Page MenuHomePhabricator

Ensure reports work for Wikidata harvests
Closed, ResolvedPublic

Description

We produce various reports during a harvest:

  • unused images
  • images without
  • unknown fields
  • ...

Ensure that these still work when feed data from a Wikidata harvests. One likely issue is e.g. to on an "unused images" list on a Wikipedia page make the assumption that the "source list" lives on the same wiki.

Event Timeline

One potential difference is that the source field (at least when viewed through the api) lists a wikidata source as http://www.wikidata.org/entity/<Qid> instead of e.g. //ka.wikipedia.org/w/index.php?title=<list name>

Change 370481 had a related patch set uploaded (by Lokal Profil; owner: Lokal Profil):
[labs/tools/heritage@wikidata] Make unused image reports deal with sparql harvested data

https://gerrit.wikimedia.org/r/370481

There is likely a similar need to look at the reflexes in the api.
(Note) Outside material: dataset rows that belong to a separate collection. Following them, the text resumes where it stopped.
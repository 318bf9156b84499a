-- ===== src/Tests/Posted.antt =====
-- Runs of the HTTP file service of socket_server/http_file.py.
use socket_server.Prelude.{◌≡◌, refl, true, false, none, some, [], ◌∷◌, ◌++◌, arith, leb}
use socket_server.Prelude.Bytes.{Bytes, Text, codes, eqb}
use socket_server.Prelude.Int.{pos}
use socket_server.Prelude.Dict.{lookup}
use socket_server.HttpFile.Multipart.{Texts, parse_multipart_stream}
use socket_server.HttpFile.Reader.Ends.{Ends}
use socket_server.HttpFile.Handler.Ended.{parse_upload-Ends}
use socket_server.HttpFile.Handler.{Disk, Paths, Upload, opener, part_of, do_post, do_get, served}
use socket_server.HttpFile.Handler.Untouched.{IsPlain}
use socket_server.HttpFile.Handler.Safety.{Leaves, late_target, do_post-Leaves}
use socket_server.HttpFile.Handler.Download.{do_get-sends}

abbrev latin : Texts
latin = record { decode = λ b. b; encode = λ s. s; is_word = λ c. leb 48 c }

abbrev flat : Paths
flat = record { normalize = λ p. p; temp_name = codes "tmp" }

-- One file, and the second call of the disk fails.
abbrev disk : Disk
disk = record { files = (codes "q", 1 ∷ []) ∷ []; faults = false ∷ true ∷ []; copied = 0 }

no_part_q : (dest : Text) → eqb (codes "q") (part_of dest) ≡ false
unfolding eqb
no_part_q [] = refl
no_part_q (c ∷ []) = ground arith
no_part_q (c ∷ d ∷ ds) = ground arith

q-IsPlain : IsPlain flat (codes "q")
unfolding eqb
q-IsPlain = record { no_part = no_part_q; no_temp = refl }

abbrev blank : Bytes
blank = 13 ∷ 10 ∷ 13 ∷ 10 ∷ []

abbrev quoted : Text → Bytes
quoted name = codes "name=" ++ (34 ∷ (name ++ (34 ∷ [])))

abbrev body : Bytes
body =
    codes "--B"
    ++ (13 ∷ 10 ∷ quoted (codes "path")
        ++ (blank
            ++ (codes "f"
                ++ (13 ∷ 10 ∷ codes "--B"
                    ++ (13 ∷ 10 ∷ quoted (codes "file")
                        ++ (blank ++ (codes "xyz" ++ (13 ∷ 10 ∷ codes "--B--"))))))))

do_post-Leaves_example :
    Leaves flat
      (codes "q")
      q-IsPlain
      (lookup (codes "q") disk.files)
      (late_target flat latin (some (pos 62)) (codes "multipart/form-data; boundary=B") body disk)
      (do_post flat latin (some (pos 62)) (codes "multipart/form-data; boundary=B") body disk)
do_post-Leaves_example =
    do_post-Leaves flat latin (codes "q") (some (pos 62)) (codes "multipart/form-data; boundary=B")
      body disk q-IsPlain

do_get-sends_example :
    do_get (codes "f") true (some 3) ((1 ∷ 2 ∷ []) ∷ (3 ∷ 4 ∷ []) ∷ []) 2
    ≡ served 3 (1 ∷ 2 ∷ 3 ∷ [])
do_get-sends_example =
    do_get-sends 102 [] 3 ((1 ∷ 2 ∷ []) ∷ (3 ∷ 4 ∷ []) ∷ []) 2 (ground arith) (omega arith)

abbrev nothing_open : Upload
nothing_open = record { disk = disk; fh = none; part = none; temp = none; dest = none }

-- The announced length is greater than that of the body.
parse_upload-Ends_example :
    Ends
      (λ s. Unit {0})
      (parse_multipart_stream latin (opener flat) body 70 (codes "B") nothing_open)
parse_upload-Ends_example = parse_upload-Ends flat latin body 70 (codes "B") nothing_open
They should already be centralised though.

Change 370481 merged by jenkins-bot:
[labs/tools/heritage@wikidata] Make scripts dealing with the sparql source field deal with sparql harvested data

https://gerrit.wikimedia.org/r/370481

I think that all that is now left to do is to run and inspect the results.

Lokal_Profil claimed this task.

Closing this and adding a comment to do a run once everything is live.